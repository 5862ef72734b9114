-- ===== src/AuthService/Rbac/Laws.antt =====
-- The permissions of a list of roles.
use aiself_healer.Common.{
  String, true, some, List, [], ◌∷◌, ◌≡◌, ◌⊎◌, ◌↔◌, any, arith, inl, inr, refl, ◌∙◌,
  mem-append_left, mem-append_right, mem-append_cases, mem-cons_cases, IsDistinct,
  IsDistinct-append_one, Bool-cases, eq_iff, any-mem, any-false, Memᴰ, sym,
}
use mathlib.Core.Path.{subst}
use mathlib.Core.Bool.{false≢true}
use aiself_healer.AuthService.Rbac.{
  Permission, named, inherited, same_permission, entry, flat_entries, add, add_all, permissions_for,
}

same_permission_iff : (p q : Permission) → (same_permission p q ≡ true) ↔ (p ≡ q)
same_permission_iff (named p) (named q) = ground (arith, eq_iff p q)
same_permission_iff (inherited p) (inherited q) = ground (arith, eq_iff p q)
same_permission_iff (named p) (inherited q) = ground arith
same_permission_iff (inherited p) (named q) = ground arith

mem-add_iff : (p q : Permission) (s : List Permission) → Memᴰ p (add s q) ↔ (Memᴰ p s ⊎ (p ≡ q))
unfolding add
mem-add_iff p q s = elim (Bool-cases (any (λ r. same_permission r q) s)) [
  | inl old ↦
      let (r, m, e) = any-mem (λ r. same_permission r q) s old in
      rw old (
        λ h. inl h,
        λ c. elim c [
          | inl h ↦ h
          | inr same ↦ subst (λ x. Memᴰ x s) ((same_permission_iff r q).0 e ∙ sym same) m
        ],
      )
  | inr new ↦ rw new (
    λ h. elim (mem-append_cases s (q ∷ []) h) [ inl m ↦ inl m | inr m ↦ inr (mem-one m) ],
    λ c. elim c [
      | inl h ↦ mem-append_left s (q ∷ []) h
      | inr same ↦ mem-append_right s (q ∷ []) (Memᴰ.head same)
    ],
  )
]
  where
    mem-one : Memᴰ p (q ∷ []) → p ≡ q
    mem-one (Memᴰ.head e) = e
    mem-one (Memᴰ.tail m) = elim m [ ]

mem-add_all_iff :
    (p : Permission) (s ps : List Permission) → Memᴰ p (add_all s ps) ↔ (Memᴰ p s ⊎ Memᴰ p ps)
unfolding add_all
mem-add_all_iff p s [] = (λ h. inl h, λ c. elim c [ inl h ↦ h | inr m ↦ elim m [ ] ])
mem-add_all_iff p s (q ∷ ps) =
    let (to, from) = mem-add_all_iff p (add s q) ps in
    let (split, join) = mem-add_iff p q s in
    (
      λ h. elim (to h) [
        | inl m ↦ elim (split m) [ inl old ↦ inl old | inr same ↦ inr (Memᴰ.head same) ]
        | inr m ↦ inr (Memᴰ.tail m)
      ],
      λ c. elim c [
        | inl m ↦ from (inl (join (inl m)))
        | inr m ↦ elim (mem-cons_cases m) [
          | inl same ↦ from (inl (join (inr same)))
          | inr later ↦ from (inr later)
        ]
      ],
    )

mem-flat_entries_iff :
    (p : Permission) (roles : List String)
    → Memᴰ p (flat_entries roles) ↔ ((role : String) × Memᴰ role roles × Memᴰ p (entry role))
unfolding flat_entries
mem-flat_entries_iff p [] = (λ m. elim m [ ], λ r. elim r.1 [ ])
mem-flat_entries_iff p (role ∷ roles) =
    let (to, from) = mem-flat_entries_iff p roles in
    (
      λ m. elim (mem-append_cases (entry role) (flat_entries roles) m) [
        | inl here ↦ (role, Memᴰ.head refl, here)
        | inr later ↦ let (r, listed, has) = to later in (r, Memᴰ.tail listed, has)
      ],
      λ r. elim (mem-cons_cases r.1) [
        | inl same ↦
            mem-append_left (entry role) (flat_entries roles)
              (subst (λ x. Memᴰ p (entry x)) same r.2)
        | inr later ↦ mem-append_right (entry role) (flat_entries roles) (from (r.0, later, r.2))
      ],
    )

-- A permission is given exactly when one of the roles has it.
pub permissions_for_iff :
    (p : Permission) (roles : List String)
    → Memᴰ p (permissions_for (some roles))
      ↔ ((role : String) × Memᴰ role roles × Memᴰ p (entry role))
unfolding permissions_for
permissions_for_iff p roles =
    let (to, from) = mem-add_all_iff p [] (flat_entries roles) in
    let (flat_to, flat_from) = mem-flat_entries_iff p roles in
    (
      λ m. elim (to m) [ inl none_yet ↦ elim none_yet [ ] | inr listed ↦ flat_to listed ],
      λ r. from (inr (flat_from r)),
    )

add-IsDistinct : (s : List Permission) (p : Permission) → IsDistinct s → IsDistinct (add s p)
unfolding add
add-IsDistinct s p d = elim (Bool-cases (any (λ q. same_permission q p) s)) [
  | inl old ↦ rw old d
  | inr new ↦ rw new (
      IsDistinct-append_one s p d (λ m.
        false≢true (
          sym (any-false (λ q. same_permission q p) p s m new) ∙ (same_permission_iff p p).1 refl)))
]

add_all-IsDistinct : (s ps : List Permission) → IsDistinct s → IsDistinct (add_all s ps)
unfolding add_all
add_all-IsDistinct s [] d = d
add_all-IsDistinct s (p ∷ ps) d = add_all-IsDistinct (add s p) ps (add-IsDistinct s p d)

-- No permission is given twice, whatever roles repeat or share it.
pub permissions_for-IsDistinct : (roles : List String) → IsDistinct (permissions_for (some roles))
unfolding permissions_for
permissions_for-IsDistinct roles = add_all-IsDistinct [] (flat_entries roles) tt
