-- ===== src/AuthService/Server.antt =====
-- services/auth-service/src/server.js: the handlers that register, log in, refresh and log out.
pub mod State
pub mod Handlers
pub mod Accounts
pub mod Refresh
pub mod Replay
pub mod Races
pub mod Lasting
pub mod Trail
pub mod Reuse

§ EXERCISE PROMPT
Select and copy every line from the records that includes the word "given".

§ ANSWER AREA
-- A permission is given exactly when one of the roles has it.
-- No permission is given twice, whatever roles repeat or share it.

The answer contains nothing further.